The Scottish Mail on Sunday

£215m trust is secure in ‘wait and see’ policy

- By Jeff Prestridge jeff.prestridge@mailonsund­ay.co.uk

THE manager of global investment fund Securities Trust of Scotland believes some outstandin­g investment opportunit­ies lie around the corner if equity markets continue on their downward path in the short term.

James Harries, who has run the £215million stock market-listed investment trust since late 2020, says he is poised to increase exposure to some quality consumer discretion­ary stocks and industrial­s if share prices go lower.

‘There are lots of businesses that we would like to buy if prices come down a little more,’ he explains. ‘We’re not quite there yet, but we remain patient and will buy when opportunit­ies present themselves.’

On his investment radar are companies such as US-listed Starbucks Corporatio­n and Swedish toolmaker Atlas Copco.

Harries, who works for investment house Troy Asset Management, believes stock markets remain ‘elevated’. ‘It is dangerous to be dogmatic about the outlook,’ he says. ‘Stock markets are still distorted by the impact of Covid and of course, we have the horror story that is unfolding in Ukraine. But we are concerned about the valuation of equity markets, especially given the likelihood of a global recession on the back of rising oil prices.’ He adds: ‘Doing our best to remain rational in our investment approach, we will manage any downside equity risk, while doing our utmost to deliver income.’ The trust’s mandate is to deliver shareholde­rs a rising income and long-term capital growth.

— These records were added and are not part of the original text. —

-- ===== src/Controllers/Regional/Proposals.antt =====
-- pdsno/controllers/regional_controller.py: the review of proposals. The exchanges with the global
-- and the local controller are parameters, which may change the store that all of them share. What
-- `uuid` and `secrets` make is an argument.
use partially_distributed_sm.Common.{
  Bool, Dict, List, Option, String, false, if◌then◌else◌, leb, nat_eq, non_empty, none, not, some,
  string_eq, true, ℕ, ◌==◌, ◌||◌,
}
use partially_distributed_sm.Platform.{Platform}
use partially_distributed_sm.Controllers.Messages.{
  Envelope, Instruction, Proposal, or_empty, text_or,
}
use partially_distributed_sm.Controllers.Regional.{
  LockOutcome, LockRefusal, RegionalController, acquire_proposal_lock, engine_of, lock_raised,
  locked, not_locked, put_engine, release_expired_proposal_locks, release_proposal_lock,
}
use partially_distributed_sm.Controllers.Regional.Results.{
  handle_execution_result, record_dispatch_failure, set_nib, set_status_of,
}
use partially_distributed_sm.Nib.Store.{NibStore}
use partially_distributed_sm.Config.Token.{ExecutionToken, issue_token, refusal, to_dict}
use partially_distributed_sm.Config.Approval.Engine.{
  ConfigData, Engine, approve_request, get_request, set_execution_token,
}
use partially_distributed_sm.Config.Sensitivity.Classifier.{Regex, classify}
use partially_distributed_sm.Nib.Models.{ConfigStatus}
use partially_distributed_sm.Config.Sensitivity.{SensitivityLevel}
use partially_distributed_sm.Config.Approval.Request.{ApprovalRequest}

pub record Fresh : Type 0 where
  pub lock_id : String
  pub token_id : String
  pub nonce : String
  pub event_id : String

-- What the global controller is asked; the sensitivity that is suggested is always `HIGH`.
pub record GcProposal : Type 0 where
  pub proposal_id : String
  pub device_id : String
  pub config_lines : List String
  pub origin : String
  pub region : String

-- The payload of its `CONFIG_APPROVAL`. The token's dictionary is held as the token that it encodes,
-- and passed on as that token's dictionary: one that encodes none is left out.
pub record GcDecision : Type 0 where
  pub decision : Option String
  pub reason : Option String
  pub responder : Option String
  pub execution_token : Option ExecutionToken

-- Any other answer, or none, is `gc_silent`.
pub data GcReply : Type 0 where
  gc_decides : GcDecision → GcReply
  gc_silent gc_raises : GcReply

pub data DenyReason : Type 0 where
  fields_missing : DenyReason
  lock_refused : LockRefusal → DenyReason
  request_not_found approval_failed dispatch_failed : DenyReason
  gc_no_decision gc_missing_token could_not_record_approval : DenyReason

-- The answer to a proposal: its id; for an approval the responder, the time, the instruction and the
-- result. `forwarded` is a decision of the global controller that is no approval.
pub data Decision : Type 0 where
  denied : Option String → DenyReason → Decision
  escalated : String → Decision
  forwarded : String → String → String → String → Decision
  approved : String → String → String → Instruction → Dict String String → Decision
  raised : Decision

abbrev pub rank : SensitivityLevel → ℕ
rank SensitivityLevel.low = 1
rank SensitivityLevel.medium = 2
rank SensitivityLevel.high = 3

unfoldable pub max_sensitivity : SensitivityLevel → SensitivityLevel → SensitivityLevel
max_sensitivity left right = if leb (rank right) (rank left) then left else right

abbrev pub is_high : SensitivityLevel → Bool
is_high SensitivityLevel.high = true
is_high _ = false

-- A denial that first releases the lock of the proposal.
abbrev pub deny_released : String → DenyReason → RegionalController → RegionalController × Decision
deny_released id reason c = (release_proposal_lock id c, denied (some id) reason)

abbrev pub gc_question :
    Envelope Proposal → String → String → List String → RegionalController → GcProposal
gc_question env id device_id lines c = record {
  proposal_id = id;
  device_id = device_id;
  config_lines = lines;
  origin = env.sender_id;
  region = c.region;
}

module _ (p : Platform) (event_key : List ℕ) where
  abbrev pub on_recorded :
      RegionalController × Bool
      → String
      → String
      → Instruction
      → Dict String String
      → ℕ
      → RegionalController × Decision
  on_recorded (c, false) id responder i fields now = (c, raised)
  on_recorded (c, true) id responder i fields now =
      (c, approved id responder (p.isoformat now) i fields)

  -- The local controller's answer; none if it sent none, or another message, or the sending failed.
  abbrev pub on_dispatched :
      NibStore ConfigData × Option (Dict String String)
      → String
      → String
      → String
      → Instruction
      → String
      → (ℕ → ℕ → ℕ)
      → RegionalController
      → RegionalController × Decision
  on_dispatched (nib, none) id sender responder i event_id now c = (
    record_dispatch_failure p event_key id "EXECUTION_DISPATCH_FAILED" (now 6) (set_nib nib c),
    denied (some id) dispatch_failed,
  )
  on_dispatched (nib, some fields) id sender responder i event_id now c =
      on_recorded
        (handle_execution_result p event_key sender fields event_id (now 6) (set_nib nib c)) id
        responder i fields (now 7 0)

  module _ {Match : Type 0} (rx : Regex Match)
      (ask_gc : GcProposal → NibStore ConfigData → NibStore ConfigData × GcReply)
      (dispatch : String
        → Instruction
        → NibStore ConfigData
        → NibStore ConfigData × Option (Dict String String)) where
    -- The token is noted in the request and in the config's row, and the instruction is sent.
    abbrev pub note_and_dispatch :
        String
        → String
        → String
        → Option ℕ
        → ExecutionToken
        → Instruction
        → String
        → (ℕ → ℕ → ℕ)
        → RegionalController
        → RegionalController × Decision
    note_and_dispatch id sender responder expiry t i event_id now c =
        let c₁ = put_engine (set_execution_token p id t.token_id (now 4) (engine_of c)).0 c in
        let c₂ =
          set_status_of id ConfigStatus.approved (some responder) (some t.token_id) expiry (now 5 0)
            c₁ in
        on_dispatched (dispatch sender i c₂.nib) id sender responder i event_id now c₂

    abbrev pub instruction_of :
        String → String → List String → ExecutionToken → Option String → Instruction
    instruction_of id device_id lines t execute_at = record {
      proposal_id = some id;
      device_id = some device_id;
      config_lines = some lines;
      execution_token = some (to_dict p t);
      execute_at = execute_at;
    }

    -- The approval of a proposal that is not `HIGH`; the token is valid for 15 minutes.
    abbrev pub on_approved :
        Engine × Bool
        → Envelope Proposal
        → String
        → String
        → List String
        → Fresh
        → (ℕ → ℕ → ℕ)
        → RegionalController
        → RegionalController × Decision
    on_approved (e, false) env id device_id lines fresh now c =
        deny_released id approval_failed (put_engine e c)
    on_approved (e, true) env id device_id lines fresh now c =
        let t =
          issue_token p c.tokens id device_id (some 15) (now 3 0) fresh.token_id fresh.nonce in
        note_and_dispatch id env.sender_id c.controller_id (some t.expires_at) t
          (instruction_of id device_id lines t env.payload.execute_at) fresh.event_id now
          (put_engine e c)

    abbrev pub on_gc_recorded :
        Engine × Bool
        → Envelope Proposal
        → String
        → String
        → List String
        → String
        → ExecutionToken
        → Fresh
        → (ℕ → ℕ → ℕ)
        → RegionalController
        → RegionalController × Decision
    on_gc_recorded (e, false) env id device_id lines responder t fresh now c =
        deny_released id could_not_record_approval (put_engine e c)
    on_gc_recorded (e, true) env id device_id lines responder t fresh now c =
        note_and_dispatch id env.sender_id responder none t
          (instruction_of id device_id lines t none) fresh.event_id now (put_engine e c)

    abbrev pub on_gc_token :
        Option ExecutionToken
        → Envelope Proposal
        → String
        → String
        → List String
        → String
        → Fresh
        → (ℕ → ℕ → ℕ)
        → RegionalController
        → RegionalController × Decision
    on_gc_token none env id device_id lines responder fresh now c =
        deny_released id gc_missing_token c
    on_gc_token (some t) env id device_id lines responder fresh now c =
        on_gc_recorded (approve_request p id responder (now 2) (engine_of c)) env id device_id lines
          responder t fresh now c

    -- An exception of the sending leaves the handler, with the lock held.
    abbrev pub on_gc_reply :
        NibStore ConfigData × GcReply
        → Envelope Proposal
        → String
        → String
        → List String
        → Fresh
        → (ℕ → ℕ → ℕ)
        → RegionalController
        → RegionalController × Decision
    on_gc_reply (nib, gc_raises) env id device_id lines fresh now c = (set_nib nib c, raised)
    on_gc_reply (nib, gc_silent) env id device_id lines fresh now c =
        deny_released id gc_no_decision (set_nib nib c)
    on_gc_reply (nib, gc_decides d) env id device_id lines fresh now c =
        if not (text_or d.decision "" == "APPROVE")
        then (
          release_proposal_lock id (set_nib nib c),
          forwarded id (text_or d.decision "DENY") (text_or d.reason "GC_DENIED")
              (text_or d.responder "global_cntl_1"),
        )
        else on_gc_token d.execution_token env id device_id lines
            (text_or d.responder "global_cntl_1") fresh now (set_nib nib c)

    unfoldable pub handle_high_proposal_via_gc :
        Envelope Proposal
        → String
        → String
        → List String
        → Fresh
        → (ℕ → ℕ → ℕ)
        → RegionalController
        → RegionalController × Decision
    handle_high_proposal_via_gc env id device_id lines fresh now c =
        if not c.has_http_client
        then (release_proposal_lock id c, escalated id)
        else on_gc_reply (ask_gc (gc_question env id device_id lines c) c.nib) env id device_id
            lines fresh now c

    abbrev pub on_request :
        Engine × Option ApprovalRequest
        → Envelope Proposal
        → String
        → String
        → List String
        → Fresh
        → (ℕ → ℕ → ℕ)
        → RegionalController
        → RegionalController × Decision
    on_request (e, none) env id device_id lines fresh now c =
        deny_released id request_not_found (put_engine e c)
    on_request (e, some r) env id device_id lines fresh now c =
        if is_high (max_sensitivity r.sensitivity (classify rx c.classifier lines))
        then handle_high_proposal_via_gc env id device_id lines fresh now (put_engine e c)
        else on_approved (approve_request p id c.controller_id (now 2) (engine_of (put_engine e c)))
            env id device_id lines fresh now (put_engine e c)

    abbrev pub on_locked :
        RegionalController × LockOutcome
        → Envelope Proposal
        → String
        → String
        → List String
        → Fresh
        → (ℕ → ℕ → ℕ)
        → RegionalController × Decision
    on_locked (c, lock_raised) env id device_id lines fresh now = (c, raised)
    on_locked (c, not_locked refusal) env id device_id lines fresh now =
        (c, denied (some id) (lock_refused refusal))
    on_locked (c, locked) env id device_id lines fresh now =
        on_request (get_request p id (engine_of c)) env id device_id lines fresh now c

    -- The fields that a proposal must have; `not x` holds of an empty text too.
    abbrev pub on_fields :
        Option String
        → Option String
        → Envelope Proposal
        → Fresh
        → (ℕ → ℕ → ℕ)
        → RegionalController
        → RegionalController × Decision
    on_fields (some id) (some device_id) env fresh now c =
        if not (non_empty id) || not (non_empty device_id)
        then (c, denied (some id) fields_missing)
        else on_locked (acquire_proposal_lock device_id id (now 1) fresh.lock_id c) env id device_id
            (or_empty env.payload.config_lines) fresh now
    on_fields id _ env fresh now c = (c, denied id fields_missing)

    unfoldable pub handle_config_proposal :
        Envelope Proposal → Fresh → (ℕ → ℕ → ℕ) → RegionalController → RegionalController × Decision
    handle_config_proposal env fresh now c =
        on_fields env.payload.proposal_id env.payload.device_id env fresh now
          (release_expired_proposal_locks p (now 0) c)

So far the trust’s performanc­e numbers have held up well. Although the fund has recorded three-month losses of just over 6 per cent, shareholde­rs have made profits over the past one, three and five years of 16.0, 41.8 and 51.6 per cent respective­ly. To put these into context, the FTSE AllShare Index has recorded returns of 10.6, 15.2 and 22.2 per cent over the same time periods.

Dividend income, one of the trust’s selling points, is holding up. The first two quarterly payments in the trust’s current financial year have both totalled 1.375p per share (the current share price is £2.19) – the amounts paid in the previous financial year.

The fourth quarterly payment, announced next spring, will determine whether the trust’s annual dividend payment will rise. Given the fund’s mandate, Harries is likely to move heaven and earth to tickle up the total annual payment.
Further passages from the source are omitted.